■ **Description of the task**
Each line of the listing that includes the string "none" is to be identified and copied.

■ **Source records**
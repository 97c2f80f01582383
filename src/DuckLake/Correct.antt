-- ===== src/DuckLake/Correct.antt =====
-- The telescoping terms add up to the change of the join.
use openivm.Base.{
  ℕ, ◌<◌, ◌≡◌, ◌≢◌, ◌⊎◌, false, Option, List, [], ◌∷◌, map, some, if◌then◌else◌, length, get_elem?,
  All, ltb,
}
use openivm.Base.Int.{ℤ, pos, ◌+ℤ◌, ◌*ℤ◌}
use openivm.Join.Terms.{KeyProbe}
use openivm.Join.Weights.{Cell, old, product}
use openivm.DuckLake.{SnapshotProbe, DuckLakeContext}

-- the weights of all terms, counted from the first leaf
all_terms : List Cell → ℤ
all_terms [] = pos 0
all_terms (c ∷ cs) = c.delta *ℤ product (map old cs) +ℤ c.now *ℤ all_terms cs

-- The EXISTS queries answer rightly at a joined row: where one finds no match, the leaf's delta does
-- not hold its row, or the other leaf does not in the version that the term reads. A probe is between
-- two leaves.
pub record MatchSound (d : DuckLakeContext) (cs : List Cell) : Type 0 where
  pub in_range : (i : ℕ) → All (λ p. (p.other_leaf < length cs) × (i ≢ p.other_leaf)) (d.probes i)
  pub match_sound :
      (i : ℕ) (p : KeyProbe) (c o : Cell)
      → d.key_match i p ≡ false
      → get_elem? cs i ≡ some c
      → get_elem? cs p.other_leaf ≡ some o
      → (c.delta ≡ pos 0) ⊎ ((if ltb i p.other_leaf then old o else o.now) ≡ pos 0)

-- What the answers about a leaf mean for its delta row: the old snapshot is the current one, or the
-- metadata answers that nothing changed since, or the query does. An error, or no answer, means nothing.
pub record SnapshotSound (s : SnapshotProbe) (c : Cell) : Type 0 where
  pub same_snapshot : s.current_snapshot ≡ some s.old_snapshot → c.delta ≡ pos 0
  pub metadata_answer : s.metadata_changes ≡ some false → c.delta ≡ pos 0
  pub query_answer : s.query_changes ≡ some false → c.delta ≡ pos 0
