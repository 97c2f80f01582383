-- ===== src/DuckLake/Tests.antt =====
-- A join of two DuckLake tables, the first of which has changed since the old snapshot, in the terms
-- of src/delta/operators/ducklake_join.cpp.
use openivm.Base.{◌≡◌, refl, true, List, [], ◌∷◌, none, some}
use openivm.Base.Int.{pos}
use openivm.Join.Weights.{Cell}
use openivm.DuckLake.{
  SnapshotProbe, DuckLakeContext, empty_table_delta, skips_term, ducklake_terms_from,
  build_ducklake_terms,
}
use openivm.DuckLake.Correct

abbrev changed : SnapshotProbe
changed = record {
  old_snapshot = 3;
  current_snapshot = some 5;
  metadata_changes = some true;
  query_changes = none;
}

abbrev unchanged : SnapshotProbe
unchanged = record {
  old_snapshot = 5;
  current_snapshot = some 5;
  metadata_changes = none;
  query_changes = none;
}

abbrev snapshots : List SnapshotProbe
snapshots = changed ∷ unchanged ∷ []

abbrev two_cells : List Cell
two_cells = record { now = pos 3; delta = pos 1 } ∷ record { now = pos 2; delta = pos 0 } ∷ []

abbrev context : DuckLakeContext
context = record { skip_empty_deltas = true; probes = λ i. []; key_match = λ i p. true }

one_term : build_ducklake_terms context snapshots ≡ 0 ∷ []
unfolding build_ducklake_terms ducklake_terms_from skips_term empty_table_delta
one_term = refl
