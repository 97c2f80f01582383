-- ===== src/Extract.antt =====
-- src/core/parser_sql_extractors.cpp: the scanners that find keywords, parentheses, identifiers and
-- literals in the text of a view's query, and what is extracted with them.
pub mod Chars
pub mod Keywords
pub mod KeywordLaws
pub mod Parens
pub mod ParenLaws
pub mod Tokens
pub mod TokenLaws
pub mod Select
pub mod Filtered
pub mod FilteredLaws
pub mod SemiAnti
pub mod SemiAntiLaws
pub mod Exists
pub mod WhereColumn
pub mod SumItem
pub mod Compares
mod Tests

■ **Task answer**
use openivm.Base.{◌≡◌, refl, true, List, [], ◌∷◌, none, some}
  query_changes = none;
  metadata_changes = none;
  query_changes = none;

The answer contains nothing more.